# Body sag or Fender Sag anyone?



## NoToDoD (Jun 27, 2006)

Both of my front fenders look like the struts are causing minor warps, right side more than left. I notice by staring along the hood lines and also my right door lines aren't lined up exactly. Anyone else have this going on? My ride is silver 06 MT w 5k miles on it, never abused nor potholed! Am I dreaming?


----------



## b_a_betterperson (Feb 16, 2005)

Don't think that's the case. 

The hood on my car doesn't quote follow the contour of the upper fender. Between having different pieces of metal stamped on different presses, etc., you're probably not going to get those compound curves to line up 100% correctly.

As for the door -- you can always try to adjust it yourself.

That said, the variation you may have noticed is some settling of the body panels. Getting the pieces tightly bolted on in the factory is one thing -- but if a bolt, for example, has uneven levels of torque across the washer, you might have tiny amount of movement before it settles into a permanent seating.


----------



## NoToDoD (Jun 27, 2006)

*Thx*

Well, thx for the encouraging words, I don't feel as bad now though after I inspected everything. Still, I'll keep an eye on it and keep you posted. Even with settling, it shouldn't LOOK like a sag, know what I mean?


----------



## b_a_betterperson (Feb 16, 2005)

No, not at all. We're only talking .1 or .2 millimeters here. Anything else is probably panel fit from the plant.

If you wanted to, you could try adjusting the bolts and repositioning the hood, fenders and door yourself. I wasn't happy with how the back bumper was fitting -- and moved it around until it was much better.

In my case, I was dealing with an adjustment of one panel. When you get to moving multiple panels around -- it can become a Rubik's cube kind of a thing.

One way to know if this project would be worth it or not is to eyeball the top of the fender and compare it to the top of the hood. If the curves seem relatively close -- then you can gain something by adjusting. If they're not -- then the curves of the panels are different and you're pretty much stuck.
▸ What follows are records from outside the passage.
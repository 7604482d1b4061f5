-- ===== src/Daemon.antt =====
-- crates/app/src/swarm_node.rs and the sidecars of crates/app/src/contribute.rs: what the daemon's
-- announce loop and drain watchdog do with the control state and the shard directories. A write to
-- an existing directory succeeds; publishing to the DHT is the list of keys that are announced.
pub mod Sidecars
pub mod Watchdog
pub mod Announce
use intelnav.Base.{
  ℕ, zero, suc, ◌+◌, ◌-◌, ◌*◌, ◌/◌, ◌%◌, ◌^◌, ◌≤◌, ◌<◌, min, max, String, ◌≡◌, refl, sym, ap, ◌∙◌,
  ◌≢◌, ◌↔◌, ◌⊎◌, inl, inr, Bool, true, false, not, ◌&&◌, ◌||◌, Option, none, some, List, [], ◌∷◌,
  ◌++◌, map, append_assoc, append-nil, arith, ltb, leb, ◌==◌, if◌then◌else◌, ltb→lt, lt→ltb, leb→le,
  le→leb, ==_iff, tests, Bool-cases, Option-cases, length, get_elem?, set, take, drop, replicate,
  All, length-append, take-append-drop, length-take, length-drop, length-replicate, take-append,
  drop-append, take-all, length-set, length-map, Result, ok, err, ◌>>=◌, ◌>>◌, guard, or_fail,
  Result-cases,
}
use intelnav.Base.Table.{contains, find, put, string_eq, range_eq}
use intelnav.Control.{
  SliceStatus, announcing, draining, stopped, SliceKey, slice_key_eq, ControlState,
  upsert_announcing, expired_draining, is_announcing, drain_idle, force_stop_all_draining,
}

pub record KeptRanges : Type 0 where
  pub model_cid : String
  pub display_name : String
  pub block_count : ℕ
  pub gguf_path : String
  pub kept : List (ℕ × ℕ)

-- disabled_ranges.json; a missing or malformed file is the empty list.
abbrev pub DisabledRanges : Type 0
DisabledRanges = List (ℕ × ℕ)

unfoldable pub is_disabled : DisabledRanges → ℕ → ℕ → Bool
is_disabled d start end = contains (start, end) d

unfoldable pub add : DisabledRanges → ℕ → ℕ → DisabledRanges
unfolding is_disabled
add d start end = if is_disabled d start end then d else d ++ (start, end) ∷ []

unfoldable pub remove : DisabledRanges → ℕ → ℕ → DisabledRanges
remove [] start end = []
remove ((s, e) ∷ d) start end =
    let rest = remove d start end in if s == start && e == end then rest else (s, e) ∷ rest

-- One directory under `.shards`. A missing or malformed kept_ranges.json is `none`.
pub record ShardDir : Type 0 where
  pub sidecar : Option KeptRanges
  pub disabled : DisabledRanges

-- Directories by name, which is the model's cid.
abbrev pub Disk : Type 0
Disk = List (String × ShardDir)

unfoldable pub retain_enabled : DisabledRanges → List (ℕ × ℕ) → List (ℕ × ℕ)
unfolding is_disabled
retain_enabled d [] = []
retain_enabled d ((s, e) ∷ rs) =
    let rest = retain_enabled d rs in if is_disabled d s e then rest else (s, e) ∷ rest

-- A model with no range left is not listed.
abbrev pub keep_some : KeptRanges → List (ℕ × ℕ) → List KeptRanges → List KeptRanges
keep_some k [] out = out
keep_some k (r ∷ rs) out = record k { kept = r ∷ rs } ∷ out

unfoldable pub scan_kept_ranges : Disk → List KeptRanges
unfolding retain_enabled
scan_kept_ranges [] = []
scan_kept_ranges ((name, d) ∷ rest) =
    let out = scan_kept_ranges rest in
    elim d.sidecar [ none ↦ out | some k ↦ keep_some k (retain_enabled d.disabled k.kept) out ]

-- `disabled.add(..)` and `save` in the slice's directory.
unfoldable pub disable : SliceKey → Disk → Disk
unfolding add
disable (cid, start, end) disk = elim (find cid disk) [
  | none ↦ disk
  | some d ↦ put cid (record d { disabled = add d.disabled start end }) disk
]

unfoldable pub disable_all : List SliceKey → Disk → Disk
unfolding disable
disable_all [] disk = disk
disable_all (k ∷ ks) disk = disable_all ks (disable k disk)

unfoldable pub persist_drained_slices : ControlState → Disk → ControlState × Disk
unfolding disable_all
persist_drained_slices s disk =
    let (s', stopped_keys) = drain_idle s in (s', disable_all stopped_keys disk)

-- Whether the slice has no state or is stopped: then a sidecar registers it anew.
abbrev pub unregistered : Option SliceStatus → Bool
unregistered none = true
unregistered (some stopped) = true
unregistered (some _) = false

unfoldable pub state_status : ControlState → SliceKey → Option SliceStatus
state_status s key = elim (find key s.slices) [ none ↦ none | some e ↦ some e.state ]

-- The body of the announce loop for one range: the state, and whether the range is published.
unfoldable pub announce_range : ControlState → SliceKey → String → ControlState × Bool
unfolding state_status
announce_range s key name =
    if is_announcing s key
    then (s, true)
    else if unregistered (state_status s key)
    then (upsert_announcing s key name, true)
    else (s, false)

unfoldable pub announce_ranges :
    ControlState → String → String → List (ℕ × ℕ) → ControlState × List SliceKey
unfolding announce_range
announce_ranges s cid name [] = (s, [])
announce_ranges s cid name ((start, end) ∷ rs) =
    let (s', done) = announce_range s (cid, start, end) name in
    let (t, published) = announce_ranges s' cid name rs in
    (t, (if done then (cid, start, end) ∷ published else published))

unfoldable pub announce_all : ControlState → List KeptRanges → ControlState × List SliceKey
unfolding announce_ranges
announce_all s [] = (s, [])
announce_all s (k ∷ ks) =
    let (s', here) = announce_ranges s k.model_cid k.display_name k.kept in
    let (t, published) = announce_all s' ks in (t, here ++ published)

-- One tick of the announce loop.
unfoldable pub announce_tick : ControlState → Disk → ControlState × Disk × List SliceKey
unfolding persist_drained_slices scan_kept_ranges announce_all
announce_tick s disk =
    let (s', disk') = persist_drained_slices s disk in
    let (t, published) = announce_all s' (scan_kept_ranges disk') in (t, disk', published)

abbrev pub grace : ℕ
grace = 5 * 60 * 1000

-- One tick of the drain watchdog.
unfoldable pub watchdog_tick : ControlState → Disk → ℕ → ControlState × Disk
unfolding persist_drained_slices
watchdog_tick s disk now = elim (expired_draining s grace now) [
  | [] ↦ (s, disk)
  | k ∷ ks ↦ persist_drained_slices (force_stop_all_draining s).0 disk
]
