-- ===== src/Daemon/Sidecars.antt =====
-- The set of left ranges (crates/app/src/contribute.rs), and what a scan of the sidecars lists.
use mathlib.Core.Path.{subst}
use intelnav.Base.{
  ℕ, String, ◌≡◌, refl, sym, inl, inr, Bool, true, false, not, ◌&&◌, Option, none, some, List, [],
  ◌∷◌, ◌++◌, arith, if◌then◌else◌, Bool-cases, Option-cases,
}
use intelnav.Base.Table.{
  Unique, put-Unique, contains, find, put, find-put, string_eq, range_eq, pair_eq, pair_eq_iff,
}
use intelnav.Control.{SliceKey, slice_key_eq, key_eq}
use text.Mathlib.TextEquality.{eq_iff}
use intelnav.Daemon.{
  KeptRanges, DisabledRanges, is_disabled, add, remove, ShardDir, Disk, retain_enabled, keep_some,
  scan_kept_ranges, disable, disable_all,
}

contains-append :
    (r : ℕ × ℕ) (xs ys : List (ℕ × ℕ))
    → contains r (xs ++ ys) ≡ (if contains r xs then true else contains r ys)
unfolding contains
contains-append r [] ys = refl
contains-append r (x ∷ xs) ys = ground (arith, contains-append r xs ys)

-- Adding a range disables that range and no other.
is_disabled-add :
    (d : DisabledRanges) (a b s e : ℕ)
    → is_disabled (add d a b) s e ≡ (if pair_eq (a, b) (s, e) then true else is_disabled d s e)
unfolding is_disabled add contains
is_disabled-add d a b s e =
    ground (arith, contains-append (s, e) d ((a, b) ∷ []), pair_eq_iff (a, b) (s, e))

-- Removing a range enables that range, however often it was listed, and no other.
is_disabled-remove :
    (d : DisabledRanges) (a b s e : ℕ)
    → is_disabled (remove d a b) s e ≡ (if pair_eq (a, b) (s, e) then false else is_disabled d s e)
unfolding is_disabled remove contains
is_disabled-remove [] a b s e = ground arith
is_disabled-remove ((x, y) ∷ d) a b s e = ground (arith, is_disabled-remove d a b s e)

pub contains-retain :
    (d : DisabledRanges) (rs : List (ℕ × ℕ)) (s e : ℕ)
    → contains (s, e) (retain_enabled d rs)
      ≡ (if is_disabled d s e then false else contains (s, e) rs)
unfolding contains retain_enabled is_disabled
contains-retain d [] s e = ground arith
contains-retain d ((x, y) ∷ rs) s e =
    ground (arith, contains-retain d rs s e, pair_eq_iff (x, y) (s, e))

-- Whether a slice stands in a list of sidecars.
unfoldable pub listed : SliceKey → List KeptRanges → Bool
listed key [] = false
listed key (k ∷ ks) =
    if string_eq.beq k.model_cid key.0 && contains (key.1, key.2) k.kept
    then true
    else listed key ks

-- The directory that a slice's cid names lists the slice, and has not disabled it.
abbrev pub offers : SliceKey → Option ShardDir → Bool
offers key none = false
offers key (some d) = elim d.sidecar [
  | none ↦ false
  | some k ↦
      string_eq.beq k.model_cid key.0
      && (contains (key.1, key.2) k.kept && not (is_disabled d.disabled key.1 key.2))
]

listed-keep_some :
    (key : SliceKey) (k : KeptRanges) (rs : List (ℕ × ℕ)) (out : List KeptRanges)
    → listed key (keep_some k rs out) ≡ (
        if string_eq.beq k.model_cid key.0 && contains (key.1, key.2) rs
        then true
        else listed key out)
unfolding listed contains
listed-keep_some key k [] out = ground arith
listed-keep_some key k (r ∷ rs) out = refl

-- A scan lists every slice that its directory offers.
pub scan-lists :
    (key : SliceKey) (disk : Disk)
    → offers key (find key.0 disk) ≡ true
    → listed key (scan_kept_ranges disk) ≡ true
unfolding scan_kept_ranges find listed
scan-lists key [] h = h
scan-lists key ((name, d) ∷ disk) h = elim (Option-cases d.sidecar) [
  | inl missing ↦ ground (arith, scan-lists key disk)
  | inr (k, found) ↦ ground (
    arith,
    scan-lists key disk,
    listed-keep_some key k (retain_enabled d.disabled k.kept) (scan_kept_ranges disk),
    contains-retain d.disabled k.kept key.1 key.2,
  )
]

abbrev pub Filed : String → Option KeptRanges → Type 0
Filed name none = Unit
Filed name (some k) = k.model_cid ≡ name

-- Each directory is named after the model of its sidecar.
abbrev pub IsFiled : Disk → Type 0
IsFiled [] = Unit
IsFiled ((name, d) ∷ disk) = Filed name d.sidecar × IsFiled disk

unlisted :
    (key : SliceKey) (disk : Disk)
    → IsFiled disk
    → find key.0 disk ≡ none
    → listed key (scan_kept_ranges disk) ≡ false
unfolding scan_kept_ranges find listed
unlisted key [] filed_ e = refl
unlisted key ((name, d) ∷ disk) filed_ e = elim (Option-cases d.sidecar) [
  | inl missing ↦ ground (arith, unlisted key disk)
  | inr (k, found) ↦ ground (
    arith,
    unlisted key disk,
    eq_iff k.model_cid key.0,
    eq_iff name key.0,
    listed-keep_some key k (retain_enabled d.disabled k.kept) (scan_kept_ranges disk),
  )
]

-- On a disk whose sidecars name their own directories, each named once, a scan lists exactly what the slice's own directory offers.
pub scan-lists_iff :
    (key : SliceKey) (disk : Disk)
    → IsFiled disk
    → Unique disk
    → listed key (scan_kept_ranges disk) ≡ offers key (find key.0 disk)
unfolding scan_kept_ranges find listed
scan-lists_iff key [] filed_ u = refl
scan-lists_iff key ((name, d) ∷ disk) filed_ u = elim (Option-cases d.sidecar) [
  | inl missing ↦ ground (arith, scan-lists_iff key disk, unlisted key disk, eq_iff name key.0)
  | inr (k, found) ↦ ground (
    arith,
    scan-lists_iff key disk,
    unlisted key disk,
    eq_iff k.model_cid key.0,
    eq_iff name key.0,
    listed-keep_some key k (retain_enabled d.disabled k.kept) (scan_kept_ranges disk),
    contains-retain d.disabled k.kept key.1 key.2,
  )
]

-- Recording one slice withdraws that slice's offer and no other.
offers-disable :
    (k key : SliceKey) (disk : Disk)
    → offers key (find key.0 (disable k disk))
      ≡ (if key_eq k key then false else offers key (find key.0 disk))
unfolding disable
offers-disable (cid, a, b) key disk = elim (Option-cases (find cid disk)) [
  | inl missing ↦ ground (arith, eq_iff cid key.0)
  | inr (d, found) ↦ ground (
    arith,
    eq_iff cid key.0,
    find-put cid key.0 (record d { disabled = add d.disabled a b }) disk,
    is_disabled-add d.disabled a b key.1 key.2,
  )
]

pub offers-disable_all :
    (ks : List SliceKey) (key : SliceKey) (disk : Disk)
    → offers key (find key.0 (disable_all ks disk))
      ≡ (if contains key ks then false else offers key (find key.0 disk))
unfolding disable_all contains
offers-disable_all [] key disk = refl
offers-disable_all (k ∷ ks) key disk =
    ground (arith, offers-disable_all ks key (disable k disk), offers-disable k key disk)

find-Filed :
    (name : String) (disk : Disk) (d : ShardDir)
    → IsFiled disk
    → find name disk ≡ some d
    → Filed name d.sidecar
unfolding find
find-Filed name [] d h e = cc
find-Filed name ((other, c) ∷ disk) d h e = elim (Bool-cases (string_eq.beq other name)) [
  | inl same ↦
      subst (λ n. Filed n d.sidecar) ((eq_iff other name).0 same)
        (subst (λ (x : ShardDir). Filed other x.sidecar) {x = c} {y = d} (ground arith) h.0)
  | inr differ ↦ find-Filed name disk d h.1 (ground arith)
]

put-IsFiled :
    (name : String) (d : ShardDir) (disk : Disk)
    → IsFiled disk
    → Filed name d.sidecar
    → IsFiled (put name d disk)
unfolding put
put-IsFiled name d [] h f = (f, tt)
put-IsFiled name d ((other, c) ∷ disk) h f = elim (Bool-cases (string_eq.beq other name)) [
  | inl same ↦ rw same (subst (λ n. Filed n d.sidecar) (sym ((eq_iff other name).0 same)) f, h.1)
  | inr differ ↦ rw differ (h.0, put-IsFiled name d disk h.1 f)
]

disable-keeps :
    (k : SliceKey) (disk : Disk)
    → IsFiled disk
    → Unique disk
    → IsFiled (disable k disk) × Unique (disable k disk)
unfolding disable
disable-keeps (cid, a, b) disk h u = elim (Option-cases (find cid disk)) [
  | inl missing ↦ rw (missing, disable) (h, u)
  | inr (d, found) ↦
      rw (found, disable)
        (
          put-IsFiled cid (record d { disabled = add d.disabled a b }) disk h
              (find-Filed cid disk d h found),
          put-Unique cid (record d { disabled = add d.disabled a b }) disk u,
        )
]

pub disable_all-keeps :
    (ks : List SliceKey) (disk : Disk)
    → IsFiled disk
    → Unique disk
    → IsFiled (disable_all ks disk) × Unique (disable_all ks disk)
unfolding disable_all
disable_all-keeps [] disk h u = (h, u)
disable_all-keeps (k ∷ ks) disk h u =
    let next = disable-keeps k disk h u in disable_all-keeps ks (disable k disk) next.0 next.1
Any mass produced car is going to have variations in compound curved metal unless it's all stamped at the same time with the same press -- and nobody, not even the Germans, do that -- they'll stamp an entire side of a car -- but not the front clip.


----------



## saturnk1 (Jun 2, 2006)

Is it like this? 

http://www.gtoforum.com/showthread.php?t=8607


----------



## smokin455 (Jul 28, 2006)

*Door Sag*

I have a 2004 and the right door started to sag. I bought the car with 11,000 miles and it has not been wrecked. I first noticed the top of the door was hitting the "B" pillar. I will take it to the dealer body shop to look at it. the door appears to close to tight when you look at the body lines.


----------



## NoToDoD (Jun 27, 2006)

*Yeah*

Now that you mention it, that's happening in the corner, too. Now that I know, time to ask the dealer about it. What I was referring to originally was that edge of my hood line is now flatter than the curve of my fenders now, just like most cars with struts will experience after years of stress. I will bring it in and complain and keep y'all posted. Why not, ay?


----------



## b_a_betterperson (Feb 16, 2005)

saturnk1 said:


> Is it like this?
> 
> http://www.gtoforum.com/showthread.php?t=8607


That's the stupid plastic clip under the headlights breaking whenever you need to get the front bumper off. Broke mine on the passenger side -- but found the broken piece and was able to repair with contact cement.


----------



## GM Paint Guy (Apr 8, 2006)

*not a major deal*

Unfortunately, GM is still workng on thier panel fits. We're getting much better every year, but we are not yet at that level of tutonic/kiazan perfection yet.

Many of these panels are adjusted on the fly while rolling down the final line at 55-65 jobs per hour. Rubber mallets and Polypro wedges. The Holden plant that built our rides is a flex factory that also builds the Commodores, Statesman, and I believe the Ute too (not 100% on the Ute) so something could have gotten overlooked if there was a major manufacturing issue with one of the other vehicles that day/night.

The door could have been damaged somewhere between the Body Shop, Paint and Trim Department... Robot crunch, original door dropped from a hoist (_the doors are removed after paint and assembled on a seperate line and merged with the car again later_.) If this happened the hinges might have loosened due to not being tightened as much as body shop originally torqued them when they installed a new door... etc... Any dealer should be able to tweek the panels without much fanfare.


----------